### [What is needed]
Can the data below be echoed back word for word?

[Records drawn from a dataset]
"""

-- ===== src/Dhcp/Hostname.antt =====
-- internal/dhcpserver/hostname.go.
use infrastructure_in_a_box.Prelude.{
  ℕ, zero, suc, ◌+◌, ◌*◌, ◌/◌, ◌%◌, ◌||◌, not, List, [], ◌∷◌, ◌++◌, map, none, some, if◌then◌else◌,
  ltb, leb, ◌==◌, length, take, drop, get_or,
}
use infrastructure_in_a_box.Prelude.Text.{Text, bytes, dot, split, join, trim_suffix}
use infrastructure_in_a_box.Dhcp.Request.{Request, option, option_fqdn, hex}

-- "\x00", a name that no registration accepts and that is not absent either.
abbrev pub bad_name : Text
bad_name = 0 ∷ []

-- The bits of the FQDN option's flags.
abbrev pub bit_s : Text → ℕ
bit_s raw = get_or raw 0 0 % 2

abbrev pub bit_e : Text → ℕ
bit_e raw = get_or raw 0 0 / 4 % 2

abbrev pub bit_n : Text → ℕ
bit_n raw = get_or raw 0 0 / 8 % 2

-- The loop over the labels in wire form, with fuel for them.
unfoldable pub wire_name : ℕ → List Text → Text → Text
wire_name zero labels remaining = []
wire_name (suc fuel) labels [] = []
wire_name (suc fuel) labels (n ∷ remaining) =
    let here = labels ++ (take n remaining ∷ []) in
    let rest = wire_name fuel here (drop n remaining) in
    if n == 0
    then (if length remaining == 0 then join dot labels else bad_name)
    else if ltb 63 n || ltb (length remaining) n
    then bad_name
    else if length (drop n remaining) == 0
    then join dot here
    else rest

-- The name in an FQDN option.
unfoldable pub fqdn_name : Text → Text
unfolding wire_name
fqdn_name raw =
    if ltb (length raw) 3 || not (get_or raw 0 0 / 16 == 0) || not (bit_n raw == 0)
    then bad_name
    else if bit_e raw == 0
    then drop 3 raw
    else wire_name (length raw) [] (drop 3 raw)

-- clientHostname. The DHCP package reads the plain hostname option.
unfoldable pub client_hostname : (Request → Text) → Request → Text
unfolding fqdn_name
client_hostname host_name r = elim (option r option_fqdn) [
  | none ↦ host_name r
  | some raw ↦ fqdn_name raw
]

abbrev dash_colon : ℕ → ℕ
dash_colon c = if c == b':' then b'-' else c

-- fallbackHostname. SHA-256 is crypto/sha256's.
unfoldable pub fallback_hostname : (Text → Text) → Text → Text
unfolding hex
fallback_hostname sha256 client =
    let name = bytes "host-" ++ map dash_colon client in
    if length client == 0
    then []
    else if leb (length name) 63
    then name
    else bytes "host-sha256-" ++ hex (take 24 (sha256 client))

-- The labels of a name in wire form, without the root label.
unfoldable pub wire_labels : List Text → Text
wire_labels [] = []
wire_labels (label ∷ labels) = (length label % 256) ∷ (label ++ wire_labels labels)

-- The flags of an FQDN reply: E as the client has it, N or S, and O where S is not the client's.
abbrev pub reply_flags : Text → Text → ℕ
reply_flags raw hostname =
    let s : ℕ = if length hostname == 0 then 0 else 1 in
    bit_e raw * 4 + (if length hostname == 0 then 8 else 1) + (if s == bit_s raw then 0 else 2)

-- fqdnReply on the option that the client sent: the empty text stands for nil.
unfoldable pub fqdn_answer : Text → Text → Text
unfolding wire_labels
fqdn_answer raw hostname =
    let head : Text = reply_flags raw hostname ∷ 0 ∷ 0 ∷ [] in
    let name = trim_suffix hostname (dot ∷ []) in
    if ltb (length raw) 3
    then []
    else if bit_e raw == 0
    then head ++ name
    else if length hostname == 0
    then head ++ (0 ∷ [])
    else head ++ (wire_labels (split dot name) ++ (0 ∷ []))

-- fqdnReply.
unfoldable pub fqdn_reply : Request → Text → Text
unfolding fqdn_answer
fqdn_reply r hostname = elim (option r option_fqdn) [
  | none ↦ []
  | some raw ↦ fqdn_answer raw hostname
]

"""

### [Response area]
-- ===== src/Dhcp/Hostname.antt =====
-- internal/dhcpserver/hostname.go.
use infrastructure_in_a_box.Prelude.{
  ℕ, zero, suc, ◌+◌, ◌*◌, ◌/◌, ◌%◌, ◌||◌, not, List, [], ◌∷◌, ◌++◌, map, none, some, if◌then◌else◌,
  ltb, leb, ◌==◌, length, take, drop, get_or,
}
use infrastructure_in_a_box.Prelude.Text.{Text, bytes, dot, split, join, trim_suffix}
use infrastructure_in_a_box.Dhcp.Request.{Request, option, option_fqdn, hex}

-- "\x00", a name that no registration accepts and that is not absent either.
abbrev pub bad_name : Text
bad_name = 0 ∷ []

-- The bits of the FQDN option's flags.
abbrev pub bit_s : Text → ℕ
bit_s raw = get_or raw 0 0 % 2

abbrev pub bit_e : Text → ℕ
bit_e raw = get_or raw 0 0 / 4 % 2

abbrev pub bit_n : Text → ℕ
bit_n raw = get_or raw 0 0 / 8 % 2

-- The loop over the labels in wire form, with fuel for them.
unfoldable pub wire_name : ℕ → List Text → Text → Text
wire_name zero labels remaining = []
wire_name (suc fuel) labels [] = []
wire_name (suc fuel) labels (n ∷ remaining) =
    let here = labels ++ (take n remaining ∷ []) in
    let rest = wire_name fuel here (drop n remaining) in
    if n == 0
    then (if length remaining == 0 then join dot labels else bad_name)
    else if ltb 63 n || ltb (length remaining) n
    then bad_name
    else if length (drop n remaining) == 0
    then join dot here
    else rest

-- The name in an FQDN option.
unfoldable pub fqdn_name : Text → Text
unfolding wire_name
fqdn_name raw =
    if ltb (length raw) 3 || not (get_or raw 0 0 / 16 == 0) || not (bit_n raw == 0)
    then bad_name
    else if bit_e raw == 0
    then drop 3 raw
    else wire_name (length raw) [] (drop 3 raw)

-- clientHostname. The DHCP package reads the plain hostname option.
unfoldable pub client_hostname : (Request → Text) → Request → Text
unfolding fqdn_name
client_hostname host_name r = elim (option r option_fqdn) [
  | none ↦ host_name r
  | some raw ↦ fqdn_name raw
]

abbrev dash_colon : ℕ → ℕ
dash_colon c = if c == b':' then b'-' else c

-- fallbackHostname. SHA-256 is crypto/sha256's.
unfoldable pub fallback_hostname : (Text → Text) → Text → Text
unfolding hex
fallback_hostname sha256 client =
    let name = bytes "host-" ++ map dash_colon client in
    if length client == 0
    then []
    else if leb (length name) 63
    then name
    else bytes "host-sha256-" ++ hex (take 24 (sha256 client))

-- The labels of a name in wire form, without the root label.
unfoldable pub wire_labels : List Text → Text
wire_labels [] = []
wire_labels (label ∷ labels) = (length label % 256) ∷ (label ++ wire_labels labels)

-- The flags of an FQDN reply: E as the client has it, N or S, and O where S is not the client's.
abbrev pub reply_flags : Text → Text → ℕ
reply_flags raw hostname =
    let s : ℕ = if length hostname == 0 then 0 else 1 in
    bit_e raw * 4 + (if length hostname == 0 then 8 else 1) + (if s == bit_s raw then 0 else 2)

-- fqdnReply on the option that the client sent: the empty text stands for nil.
unfoldable pub fqdn_answer : Text → Text → Text
unfolding wire_labels
fqdn_answer raw hostname =
    let head : Text = reply_flags raw hostname ∷ 0 ∷ 0 ∷ [] in
    let name = trim_suffix hostname (dot ∷ []) in
    if ltb (length raw) 3
    then []
    else if bit_e raw == 0
    then head ++ name
    else if length hostname == 0
    then head ++ (0 ∷ [])
    else head ++ (wire_labels (split dot name) ++ (0 ∷ []))

-- fqdnReply.
unfoldable pub fqdn_reply : Request → Text → Text
unfolding fqdn_answer
fqdn_reply r hostname = elim (option r option_fqdn) [
  | none ↦ []
  | some raw ↦ fqdn_answer raw hostname
]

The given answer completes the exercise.